Work task – Given the entries below, please return each one exactly.
*** Data supplied ***
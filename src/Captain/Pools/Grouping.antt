-- ===== src/Captain/Pools/Grouping.antt =====
-- What GetPools makes of the rows of a join, compared with GetPoolByTag.
use subnetwork_system_torchl.Prelude.{
  ℕ, ◌+◌, ◌==◌, ◌≡◌, refl, Bool, true, false, List, [], ◌∷◌, Option, none, some, if◌then◌else◌,
  arith, ap, ◌∙◌, sym, Bool-cases, inl, inr,
}
use subnetwork_system_torchl.Text.{str_eq, str_eq_iff}
use subnetwork_system_torchl.Manager.Models.{Uuid}
use subnetwork_system_torchl.Captain.Pools.Defs.{
  PoolRow, PoolResponse, new_response, add_upstream, add_row, group, collect,
}

-- The pool of a response with some identity.
unfoldable pub find_pool : Uuid → List PoolResponse → Option PoolResponse
find_pool k [] = none
find_pool k (p ∷ ps) = if str_eq p.id k then some p else find_pool k ps

-- The rows of one pool, in their order.
unfoldable pub rows_of : Uuid → List PoolRow → List PoolRow
rows_of k [] = []
rows_of k (r ∷ rs) = if str_eq r.pool_id k then r ∷ rows_of k rs else rows_of k rs

abbrev grown : PoolRow → Option PoolResponse → Option PoolResponse
grown r none = some (add_upstream r (new_response r))
grown r (some p) = some (add_upstream r p)

find_pool-add_row :
    (k : Uuid) (r : PoolRow) (ps : List PoolResponse)
    → find_pool k (add_row r ps)
      ≡ (if str_eq r.pool_id k then grown r (find_pool k ps) else find_pool k ps)
unfolding find_pool add_row add_upstream new_response
find_pool-add_row k r [] = ground arith
find_pool-add_row k r (p ∷ ps) = ground (
  arith,
  str_eq_iff p.id k,
  str_eq_iff p.id r.pool_id,
  str_eq_iff r.pool_id k,
  find_pool-add_row k r ps,
)

collect-grown :
    (r : PoolRow) (p : Option PoolResponse) (rs : List PoolRow)
    → collect p (r ∷ rs) ≡ collect (grown r p) rs
unfolding collect
collect-grown r none rs = refl
collect-grown r (some p) rs = refl

abbrev pub is_nil : {A : Type 0} → List A → Bool
is_nil [] = true
is_nil (a ∷ l) = false

find_pool-group :
    (k : Uuid) (ps : List PoolResponse) (rs : List PoolRow)
    → find_pool k (group ps rs) ≡ collect (find_pool k ps) (rows_of k rs)
unfolding group rows_of
find_pool-group k ps [] = unfold collect in refl
find_pool-group k ps (r ∷ rs) =
    let ih = find_pool-group k (add_row r ps) rs in
    let step = find_pool-add_row k r ps in
    elim (Bool-cases (str_eq r.pool_id k)) [
      | inl e ↦
          let grew : find_pool k (add_row r ps) ≡ grown r (find_pool k ps) =
            ground (arith, e, step) in
          rw e (
            ih
            ∙ (ap (λ p. collect p (rows_of k rs)) grew
                ∙ sym (collect-grown r (find_pool k ps) (rows_of k rs))))
      | inr e ↦
          let kept : find_pool k (add_row r ps) ≡ find_pool k ps = ground (arith, e, step) in
          rw e (ih ∙ ap (λ p. collect p (rows_of k rs)) kept)
    ]

-- How often a pool stands in a response.
unfoldable pub occurrences : Uuid → List PoolResponse → ℕ
occurrences k [] = 0
occurrences k (p ∷ ps) = if str_eq p.id k then occurrences k ps + 1 else occurrences k ps

abbrev once : ℕ → ℕ
once n = if n == 0 then 1 else n

occurrences-add_row :
    (k : Uuid) (r : PoolRow) (ps : List PoolResponse)
    → occurrences k (add_row r ps)
      ≡ (if str_eq r.pool_id k then once (occurrences k ps) else occurrences k ps)
unfolding occurrences add_row add_upstream new_response
occurrences-add_row k r [] = ground arith
occurrences-add_row k r (p ∷ ps) = ground (
  arith,
  str_eq_iff p.id k,
  str_eq_iff p.id r.pool_id,
  str_eq_iff r.pool_id k,
  occurrences-add_row k r ps,
)

occurrences-group :
    (k : Uuid) (ps : List PoolResponse) (rs : List PoolRow)
    → occurrences k (group ps rs)
      ≡ (if is_nil (rows_of k rs) then occurrences k ps else once (occurrences k ps))
unfolding group rows_of
occurrences-group k ps [] = refl
occurrences-group k ps (r ∷ rs) =
    ground (arith, occurrences-group k (add_row r ps) rs, occurrences-add_row k r ps)

-- Whatever rows the join gives, in whatever order, GetPools returns every pool that has a row exactly
-- once, and as GetPoolByTag would return it from the rows of that pool alone; and no other pool.
pub group_lem :
    (k : Uuid) (rs : List PoolRow)
    → (find_pool k (group [] rs) ≡ collect none (rows_of k rs))
      × (occurrences k (group [] rs) ≡ (if is_nil (rows_of k rs) then 0 else 1))
unfolding find_pool occurrences
group_lem k rs = (find_pool-group k [] rs, occurrences-group k [] rs)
*** End of Data supplied ***
Written reply –
filename src/Captain/Pools/Grouping.antt
-- ===== src/Captain/Pools/Grouping.antt =====
-- What GetPools makes of the rows of a join, compared with GetPoolByTag.
use subnetwork_system_torchl.Prelude.{
  ℕ, ◌+◌, ◌==◌, ◌≡◌, refl, Bool, true, false, List, [], ◌∷◌, Option, none, some, if◌then◌else◌,
  arith, ap, ◌∙◌, sym, Bool-cases, inl, inr,
}
use subnetwork_system_torchl.Text.{str_eq, str_eq_iff}
use subnetwork_system_torchl.Manager.Models.{Uuid}
use subnetwork_system_torchl.Captain.Pools.Defs.{
  PoolRow, PoolResponse, new_response, add_upstream, add_row, group, collect,
}

-- The pool of a response with some identity.
unfoldable pub find_pool : Uuid → List PoolResponse → Option PoolResponse
find_pool k [] = none
find_pool k (p ∷ ps) = if str_eq p.id k then some p else find_pool k ps

-- The rows of one pool, in their order.
unfoldable pub rows_of : Uuid → List PoolRow → List PoolRow
rows_of k [] = []
rows_of k (r ∷ rs) = if str_eq r.pool_id k then r ∷ rows_of k rs else rows_of k rs

abbrev grown : PoolRow → Option PoolResponse → Option PoolResponse
grown r none = some (add_upstream r (new_response r))
grown r (some p) = some (add_upstream r p)

find_pool-add_row :
    (k : Uuid) (r : PoolRow) (ps : List PoolResponse)
    → find_pool k (add_row r ps)
      ≡ (if str_eq r.pool_id k then grown r (find_pool k ps) else find_pool k ps)
unfolding find_pool add_row add_upstream new_response
find_pool-add_row k r [] = ground arith
find_pool-add_row k r (p ∷ ps) = ground (
  arith,
  str_eq_iff p.id k,
  str_eq_iff p.id r.pool_id,
  str_eq_iff r.pool_id k,
  find_pool-add_row k r ps,
)

collect-grown :
    (r : PoolRow) (p : Option PoolResponse) (rs : List PoolRow)
    → collect p (r ∷ rs) ≡ collect (grown r p) rs
unfolding collect
collect-grown r none rs = refl
collect-grown r (some p) rs = refl

abbrev pub is_nil : {A : Type 0} → List A → Bool
is_nil [] = true
is_nil (a ∷ l) = false

find_pool-group :
    (k : Uuid) (ps : List PoolResponse) (rs : List PoolRow)
    → find_pool k (group ps rs) ≡ collect (find_pool k ps) (rows_of k rs)
unfolding group rows_of
find_pool-group k ps [] = unfold collect in refl
find_pool-group k ps (r ∷ rs) =
    let ih = find_pool-group k (add_row r ps) rs in
    let step = find_pool-add_row k r ps in
    elim (Bool-cases (str_eq r.pool_id k)) [
      | inl e ↦
          let grew : find_pool k (add_row r ps) ≡ grown r (find_pool k ps) =
            ground (arith, e, step) in
          rw e (
            ih
            ∙ (ap (λ p. collect p (rows_of k rs)) grew
                ∙ sym (collect-grown r (find_pool k ps) (rows_of k rs))))
      | inr e ↦
          let kept : find_pool k (add_row r ps) ≡ find_pool k ps = ground (arith, e, step) in
          rw e (ih ∙ ap (λ p. collect p (rows_of k rs)) kept)
    ]

-- How often a pool stands in a response.
unfoldable pub occurrences : Uuid → List PoolResponse → ℕ
occurrences k [] = 0
occurrences k (p ∷ ps) = if str_eq p.id k then occurrences k ps + 1 else occurrences k ps

abbrev once : ℕ → ℕ
once n = if n == 0 then 1 else n

occurrences-add_row :
    (k : Uuid) (r : PoolRow) (ps : List PoolResponse)
    → occurrences k (add_row r ps)
      ≡ (if str_eq r.pool_id k then once (occurrences k ps) else occurrences k ps)
unfolding occurrences add_row add_upstream new_response
occurrences-add_row k r [] = ground arith
occurrences-add_row k r (p ∷ ps) = ground (
  arith,
  str_eq_iff p.id k,
  str_eq_iff p.id r.pool_id,
  str_eq_iff r.pool_id k,
  occurrences-add_row k r ps,
)

occurrences-group :
    (k : Uuid) (ps : List PoolResponse) (rs : List PoolRow)
    → occurrences k (group ps rs)
      ≡ (if is_nil (rows_of k rs) then occurrences k ps else once (occurrences k ps))
unfolding group rows_of
occurrences-group k ps [] = refl
occurrences-group k ps (r ∷ rs) =
    ground (arith, occurrences-group k (add_row r ps) rs, occurrences-add_row k r ps)

-- Whatever rows the join gives, in whatever order, GetPools returns every pool that has a row exactly
-- once, and as GetPoolByTag would return it from the rows of that pool alone; and no other pool.
pub group_lem :
    (k : Uuid) (rs : List PoolRow)
    → (find_pool k (group [] rs) ≡ collect none (rows_of k rs))
      × (occurrences k (group [] rs) ≡ (if is_nil (rows_of k rs) then 0 else 1))
unfolding find_pool occurrences
group_lem k rs = (find_pool-group k [] rs, occurrences-group k [] rs)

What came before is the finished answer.